# Cabin Fever



## mocrownsteam (Jan 7, 2008)

Anyone going to Cabin Fever in a few weeks? Larry Mosher and I will be representing the Boston area arriving Friday morning.

Mike McCormack
Hudson, Massachusetts


----------



## Larry Green (Jan 2, 2008)

Mike, I envy you. I had hoped to go, but the travel plans to drive from VT to DH have fallen apart. Guess I will be watching the videocam. 

Larry


----------



## David Leech (Dec 9, 2008)

I would love to get there one year - maybe! 
But I would want to take some stuff with me to run. 
According to MAPQUEST, it is 4520km (2808 miles) and will take 46 hours 4 mins of driving. 
BUT I will get to see some of Washington, Idaho, Montana, South Dakota, Minnesota, Wisconsin, Illinois, Indiana, Ohio and finally Pennsylvania. 
Since I find that 10 hours is the maximum that I can put up with at a time in the car, that's five days of travel - each way. 
The worst part is that both this and Diamondhead are during winter, so it's not like I can extend the trip and do 'summer' things as well. 
Incidentally, Diamondhead is 4478kms and 43 hours and 28 mins drive from here, so not any better! 
Yes, I can ship stuff and fly, probably cheaper than driving, food and hotels! 
We will see! 
Happy New Year everyone, 
David Leech, Delta, Canada


----------



## Larry Green (Jan 2, 2008)

Mike,oops! I have DH on the brain (?) right now. Still trying to make a hookup to drive to DH. Might have to settle for CF, which is great in its own right. 

Larry


----------



## Britstrains (Feb 24, 2008)

I'll be there all three days and I look forward to seeing everyone!


----------



## scottemcdonald (Jan 11, 2008)

Hey Mike, 

I'll be doing the grand tour this year. Starting out at Cabin Fever and then driving down to Diamondhead. 

Scott


----------



## scottemcdonald (Jan 11, 2008)

Still trying to make a hookup to drive to DH. Might have to settle for CF, which is great in its own right. 
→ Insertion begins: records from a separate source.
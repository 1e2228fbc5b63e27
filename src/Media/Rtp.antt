-- ===== src/Media/Rtp.antt =====
-- src/media/rtp-codec.ts. `>>`, `&` and `>>>` on the non-negative numbers met here are division
-- and remainder; `|` is the bitwise or of the native numbers.
pub mod Bounds
pub mod RoundTrip
pub mod Frames
use Prim.Native.Nat.{bit_or}
use textbee_gateway.Prelude.{
  ℕ, zero, suc, ◌+◌, ◌-◌, ◌*◌, ◌/◌, ◌%◌, ◌^◌, Bool, true, false, Option, none, some, List, [], ◌∷◌,
  ◌++◌, length, drop, take, ltb, ◌==◌, if◌then◌else◌, ◌&&◌,
}
use textbee_gateway.Media.Bytes.{
  Buffer, read_uint8, read_uint16, read_uint32, write_uint16, write_uint32,
}

abbrev pub rtp_header_len : ℕ
rtp_header_len = 12

abbrev pub pcmu_payload_type : ℕ
pcmu_payload_type = 0

abbrev pub samples_per_20ms : ℕ
samples_per_20ms = 160

pub record RtpPacket : Type 0 where
  pub version : ℕ
  pub padding : Bool
  pub extension : Bool
  pub marker : Bool
  pub payload_type : ℕ
  pub sequence_number : ℕ
  pub timestamp : ℕ
  pub ssrc : ℕ
  pub payload : Buffer

-- The offset of the payload, past the contributing sources and the extension; `none` where the
-- extension's own header is cut off.
payload_offset : Buffer → Bool → ℕ → Option ℕ
payload_offset buf false offset = some offset
payload_offset buf true offset =
    if ltb (length buf) (offset + 4)
    then none
    else some (offset + (4 + read_uint16 buf (offset + 2) * 4))

-- `payload.readUInt8(payload.length - 1)` octets come off the end; more than there are leave none.
unfoldable pub strip_padding : Bool → Buffer → Buffer
strip_padding padding payload =
    if padding && ltb 0 (length payload)
    then take (length payload - read_uint8 payload (length payload - 1)) payload
    else payload

packet_at : Buffer → ℕ → RtpPacket
unfolding strip_padding
packet_at buf offset =
    let b0 = read_uint8 buf 0 in
    let b1 = read_uint8 buf 1 in
    let padding = b0 / 2 ^ 5 % 2 == 1 in
    record {
      version = b0 / 2 ^ 6;
      padding = padding;
      extension = b0 / 2 ^ 4 % 2 == 1;
      marker = b1 / 2 ^ 7 == 1;
      payload_type = b1 % 2 ^ 7;
      sequence_number = read_uint16 buf 2;
      timestamp = read_uint32 buf 4;
      ssrc = read_uint32 buf 8;
      payload = strip_padding padding (drop offset buf);
    }

packet_if : Buffer → Option ℕ → Option RtpPacket
packet_if buf none = none
packet_if buf (some offset) = if ltb (length buf) offset then none else some (packet_at buf offset)

unfoldable pub parse_rtp_packet : Buffer → Option RtpPacket
unfolding payload_offset packet_at packet_if
parse_rtp_packet buf =
    if ltb (length buf) rtp_header_len
    then none
    else packet_if buf (
        payload_offset buf (read_uint8 buf 0 / 2 ^ 4 % 2 == 1)
          (rtp_header_len + read_uint8 buf 0 % 2 ^ 4 * 4))

pub record RtpFields : Type 0 where
  pub sequence_number : ℕ
  pub timestamp : ℕ
  pub ssrc : ℕ
  pub payload : Buffer
  pub marker : Bool
  pub payload_type : ℕ

-- `none`: `writeUInt8` throws for a payload type above 255.
unfoldable pub build_rtp_packet : RtpFields → Option Buffer
build_rtp_packet fields =
    if ltb (bit_or (if fields.marker then 128 else 0) fields.payload_type) 256
    then some (
        0x80
        ∷ bit_or (if fields.marker then 128 else 0) fields.payload_type
        ∷ (write_uint16 (fields.sequence_number % 2 ^ 16)
            ++ write_uint32 (fields.timestamp % 2 ^ 32)
            ++ write_uint32 (fields.ssrc % 2 ^ 32)
            ++ fields.payload))
    else none

-- The loop `for (i = 0; i < buf.length; i += frameSize)`, on the bytes from `i` on. `fuel` bounds
-- its rounds; `length buf` of them are enough (`Frames`).
chunk_from : ℕ → ℕ → Buffer → List Buffer
chunk_from zero frame_size buf = []
chunk_from (suc fuel) frame_size [] = []
chunk_from (suc fuel) frame_size (b ∷ buf) =
    take frame_size (b ∷ buf) ∷ chunk_from fuel frame_size (drop frame_size (b ∷ buf))

unfoldable pub chunk_into_frames : Buffer → ℕ → List Buffer
unfolding chunk_from
chunk_into_frames buf frame_size = chunk_from (length buf) frame_size buf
Larry, I'm driving to DH and back. Have room for a passenger. Will be leaving Northern Va on Tuesday, 10 Jan with an arrival of 11 Jan in DH. Then leaving on Sunday, back in DC area on Monday. I usually stop over around Spartenburg, SC on the way down and back. If you drive to CF, its only two hours to my place in VA and you could leave your car there. 

Scott


----------



## steamtom1 (Jan 2, 2008)

Scott,

DH doesn't start until January 15. Are you really arriving on January 11?


----------



## scottemcdonald (Jan 11, 2008)

Thanks Tom, Not sure what calendar I was looking at. You are correct, leaving here (Virginia) on Tuesday the 17th after Cabin Fever. -- Scott


----------



## Larry Green (Jan 2, 2008)

Scott, sounds great! I'm sending yo a PM. 

Larry


----------



## seadawg (Jan 2, 2008)

I'm going this year! See you there!


----------



## Naptowneng (Jun 14, 2010)

Looking forward to it-loved it last year. Easy drive from Maryland to York PA for me. A warmup for ECLSTS...

Jerry


----------



## mrmoore (Jan 11, 2008)

Well I will be attending along with the Aikenback track and most of the usual suspects.
I should be arriving between 9:30 AM and 10:00 AM on Thursday Jan. 12 for setup. We will begin running once setup is complete. 
The organizer has arranged for a meeting room at the Holiday Inn for Thursday evening. He will setup a large screen for us to view train movies. I will have a number of steamup DVDs. You are welcome to bring some of your own. We will most likely be ordering pizza and soft drinks. Alcoholic beverages will have to be procured at the hotel bar. Feel free to voice your pizza preference. 
On Friday evening I have made a reservation again at the Friday’s near the Best Western. I will need a final count by lunchtime on Friday.


----------



## swanpondwv (Mar 9, 2011)

I'm a bit confused. The Cabin Fever website says the show is Sat and Sun. Friday is the auction. 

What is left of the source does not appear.